-- ===== src/Bench/Ledger/Total.antt =====
-- `main` of bench/src/main.c gives back what it took, and ends unless it serves.
use tlshub_ebpf.Base.{
  ℕ, ◌+◌, ◌≤◌, ◌<◌, ◌≡◌, refl, sym, subst, ◌⊎◌, inl, inr, none, some, List, Bytes, Bool-cases,
  arith,
}
use tlshub_ebpf.Base.Holdings.{Holdings}
use tlshub_ebpf.Metrics.Types.{Doubles, Clock}
use tlshub_ebpf.Bench.Types.{BenchMode, client, server, BenchConfig}
use tlshub_ebpf.Bench.Metrics.{Resources}
use tlshub_ebpf.Bench.Sockets.{TcpSockets}
use tlshub_ebpf.Bench.Finite.{IsFinite}
use tlshub_ebpf.Bench.Options.{Parsed, configured, exits, exit_failure, init_config, parse_options}
use tlshub_ebpf.Bench.Ranges.{InRange, OfParsed, parse_options-InRange, init_config-InRange}
use tlshub_ebpf.Bench.Report.{run_client-IsComplete}
use tlshub_ebpf.Bench.Main.{Host, Ending, Bounds, run_mode, main}
use tlshub_ebpf.Bench.Ledger.{IsLedger, Leaves}
use tlshub_ebpf.Bench.Ledger.Program.{IsHostLedger, main-Leaves}

-- The options start the server.
abbrev pub Serves : Parsed → Type 0
Serves p = (config : BenchConfig) × (p ≡ configured config) × (config.mode ≡ server)

BenchMode-cases : (m : BenchMode) → (m ≡ client) ⊎ (m ≡ server)
BenchMode-cases client = inl refl
BenchMode-cases server = inr refl

module _ {F : Type 0} (fp : Doubles F) {W : Type 0} (sys : Clock W) (net : TcpSockets W)
    (res : Resources W) (host : Host W) (budget : W → ℕ) (finite : IsFinite sys net budget)
    (calloc_le : (n : ℕ) (w : W) → budget (host.calloc n w).1 ≤ budget w) where
  run_mode_ends :
      (bounds : Bounds) (config : BenchConfig) (w : W)
      → InRange config
      → 10485760 + budget w < bounds.fuel
      → (e : Ending F W) × (run_mode fp sys net res host bounds client config w ≡ some e)
  unfolding run_mode
  run_mode_ends bounds config w (target, listen, size, concurrency, total) enough =
      let (granted, w1) = host.calloc config.total_connections w in
      let le = calloc_le config.total_connections w in
      let (least, most) = size in
      let (e, run, status, reports) =
        run_client-IsComplete fp sys net res host budget finite bounds.fuel config w1
          (omega arith) in
      elim (Bool-cases granted) [
        | inl g ↦ (e, rw (run_mode, g) run)
        | inr g ↦ (
          record { status = exit_failure; json = none; csv = none; world = w1 },
          rw (run_mode, g) refl,
        )
      ]

  -- The program ends, unless it serves.
  parsed_ends :
      (bounds : Bounds) (p : Parsed) (w : W)
      → OfParsed InRange p
      → 10485760 + budget w < bounds.fuel
      → Serves p
        ⊎ ((e : Ending F W) × ((elim p [
          | exits status ↦ some (record { status = status; json = none; csv = none; world = w })
          | configured config ↦ run_mode fp sys net res host bounds config.mode config w
        ])
              ≡ some e))
  parsed_ends bounds (exits status) w ranges enough =
      inr (record { status = status; json = none; csv = none; world = w }, refl)
  parsed_ends bounds (configured config) w ranges enough = elim (BenchMode-cases config.mode) [
    | inr serves ↦ inl (config, refl, serves)
    | inl asks ↦ inr (
        subst (λ m. (e : Ending F W) × (run_mode fp sys net res host bounds m config w ≡ some e))
          (sym asks) (run_mode_ends bounds config w ranges enough))
  ]

  main_ends :
      (bounds : Bounds) (json csv : Bytes) (options : List (ℕ × Bytes)) (w : W)
      → 10485760 + budget w < bounds.fuel
      → Serves (parse_options (init_config json csv) options)
        ⊎ ((e : Ending F W) × (main fp sys net res host bounds json csv options w ≡ some e))
  unfolding main
  main_ends bounds json csv options w enough =
      parsed_ends bounds (parse_options (init_config json csv) options) w
        (parse_options-InRange (init_config json csv) options (init_config-InRange json csv)) enough

  module _ (view : W → Holdings) (ledger : IsLedger sys net view)
      (rest : IsHostLedger res host view) where
    -- Whatever the options: however `main` ends, the sockets that are open and the blocks that are allocated are
    -- those from before. Unless the options start the server, it does end, with fuel for the largest data size
    -- and for the budget of bytes to come and of signals.
    pub main-released :
        (bounds : Bounds) (json csv : Bytes) (options : List (ℕ × Bytes)) (w : W)
        → 10485760 + budget w < bounds.fuel
        → Leaves
            (λ (o : Ending F W). o.world)
            view
            (view w)
            (main fp sys net res host bounds json csv options w)
          × (Serves (parse_options (init_config json csv) options)
              ⊎ ((e : Ending F W) × (main fp sys net res host bounds json csv options w ≡ some e)))
    main-released bounds json csv options w enough = (
      main-Leaves fp sys net res host view ledger rest bounds json csv options w,
      main_ends bounds json csv options w enough,
    )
^^^^^^^^
Count how many lines in the listing above contain the word "status", and respond with only that number.

OUTPUT OF THE TASK
5